# Sweet gum



## Billnoe57 (Nov 24, 2011)

Anyone mill sweet gum? How about drying it?


----------



## Daren (Oct 14, 2006)

Billnoe57 said:


> How about drying it?


It likes to twist-cup-warp...One of the most cantankerous species I have ever milled to _tried_ to get to dry flat...haven't got it to yet. Now some of my southern sawyer brothers don't have _as_ much trouble. I have yet to figure this out, growing rate ? Slight species variation ?...But anyone up north here I have ever talked to says the same thing, sweet gum just sucks to dry, especially thin (4/4) stock. Most guys saw thick,let that dry and resaw (mill 10/4 and a year later try to get a couple 4/4's from it.)
Spalted (if you are familiar with that term) seems to be tamer and IMO is much prettier. I don't even mill sweetgum fresh felled for my own uses, been disappointed too many times.
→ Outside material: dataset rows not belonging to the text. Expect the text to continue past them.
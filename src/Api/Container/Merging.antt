-- ===== src/Api/Container/Merging.antt =====
-- Which entry mergeVolumesByName leaves for a name.
use shopware_operator.Prelude.{
  ℕ, suc, ◌+◌, String, ◌≡◌, refl, sym, ap, ◌⊎◌, inl, inr, true, false, Option, none, some, List, [],
  ◌∷◌, ◌++◌, arith, ◌==◌, eq_iff, if◌then◌else◌, Bool-cases,
}
use shopware_operator.Prelude.Assoc.{lookup, or_else, last_lookup, lookup-copy}
use shopware_operator.Kube.{Volume}
use shopware_operator.Api.Container.{
  value_or, copy_over, last_index, replace_at, merge_one, merge_by_name,
}

abbrev pub named : String → Volume → Option Volume
named k v = if v.name == k then some v else none

-- The last entry of a name.
abbrev pub last_named : String → List Volume → Option Volume
last_named k [] = none
last_named k (b ∷ bs) = or_else (last_named k bs) (named k b)

or_else_assoc : {A : Type 0} (a b c : Option A) → or_else (or_else a b) c ≡ or_else a (or_else b c)
or_else_assoc none b c = refl
or_else_assoc (some a) b c = refl

or_else-none : {A : Type 0} (a : Option A) → or_else a none ≡ a
or_else-none none = refl
or_else-none (some a) = refl

last_named-append :
    (k : String) (m : Volume) (bs : List Volume)
    → last_named k (bs ++ m ∷ []) ≡ or_else (named k m) (last_named k bs)
last_named-append k m [] = sym (or_else-none (named k m))
last_named-append k m (b ∷ bs) =
    rw (last_named-append k m bs) (or_else_assoc (named k m) (last_named k bs) (named k b))

-- What the index of the loop finds: nothing if the name does not occur, and otherwise the place at
-- which an entry with the name takes the place of the last one.
abbrev IsPlaced : Volume → List Volume → ℕ → Type 0
IsPlaced m bs p =
    (k : String) → last_named k (replace_at p m bs) ≡ or_else (named k m) (last_named k bs)

replace_first :
    (k : String) (m b : Volume) (bs : List Volume)
    → b.name == m.name ≡ true
    → last_named m.name bs ≡ none
    → or_else (last_named k bs) (named k m)
      ≡ or_else (named k m) (or_else (last_named k bs) (named k b))
replace_first k m b bs same fresh = elim (Bool-cases (m.name == k)) [
  | inl here ↦
      let is_here : m.name ≡ k = (eq_iff m.name k).0 here in
      let gone : last_named k bs ≡ none = rw (← is_here) fresh in rw (gone, here) refl
  | inr other ↦
      let other' : b.name == k ≡ false = rw ((eq_iff b.name m.name).0 same) other in
      rw (other, other') refl
]

last_index_cases :
    (m : Volume) (i : ℕ) (bs : List Volume)
    → ((last_index m.name i bs ≡ none) × (last_named m.name bs ≡ none))
      ⊎ ((p : ℕ) × (last_index m.name i bs ≡ some (i + p)) × IsPlaced m bs p)
unfolding last_index replace_at
last_index_cases m i [] = inl (refl, refl)
last_index_cases m i (b ∷ bs) = elim (last_index_cases m (suc i) bs) [
  | inr (p, e, placed) ↦ inr (
    suc p,
    rw e (ap some (omega arith)),
    λ k. rw (placed k) (or_else_assoc (named k m) (last_named k bs) (named k b)),
  )
  | inl (e, fresh) ↦ elim (Bool-cases (b.name == m.name)) [
    | inl same ↦
        inr (0, rw (e, same) (ap some (omega arith)), λ k. replace_first k m b bs same fresh)
    | inr differs ↦ inl (rw (e, differs) refl, rw (fresh, differs) refl)
  ]
]

last_named-merge_one :
    (k : String) (base : List Volume) (m : Volume)
    → last_named k (merge_one base m) ≡ or_else (named k m) (last_named k base)
unfolding merge_one
last_named-merge_one k base m = elim (last_index_cases m 0 base) [
  | inl (e, fresh) ↦ rw e (last_named-append k m base)
  | inr (p, e, placed) ↦ let from_start : 0 + p ≡ p = omega arith in rw (e, from_start) (placed k)
]

-- In what mergeVolumesByName returns, the last entry of any name is the last entry that the override
-- has of that name, and where the override has none, the one of the base.
pub last_named-merge_by_name :
    (k : String) (base from : List Volume)
    → last_named k (merge_by_name base from) ≡ or_else (last_named k from) (last_named k base)
unfolding merge_by_name
last_named-merge_by_name k base [] = refl
last_named-merge_by_name k base (m ∷ from) =
    rw (last_named-merge_by_name k (merge_one base m) from, last_named-merge_one k base m)
      (sym (or_else_assoc (last_named k from) (named k m) (last_named k base)))

-- A key of a map after a merge: the last value that the override gives it, or else the one it had.
pub lookup-copy_over :
    (key : String) (o : Option (List (String × String))) (c : List (String × String))
    → lookup key (copy_over o c) ≡ or_else (last_lookup key (value_or o [])) (lookup key c)
lookup-copy_over key none c = refl
lookup-copy_over key (some m) c = lookup-copy key c m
I let them lay for a year+ and spalt, then mill.
Good luck ! My best advice is stack *all* the weight you have on the pile...then stack some more for good measure.


.


----------



## TexasTimbers (Oct 17, 2006)

The southern secret to drying sweetgum:


----------



## JMC'sLT30 (Oct 26, 2010)

Now that's funny Kevin.:laughing:


----------



## MidGAOutdoor (Apr 7, 2011)

when i mill it if i ever get the mill, ima get some car transmissions and set on it lol


----------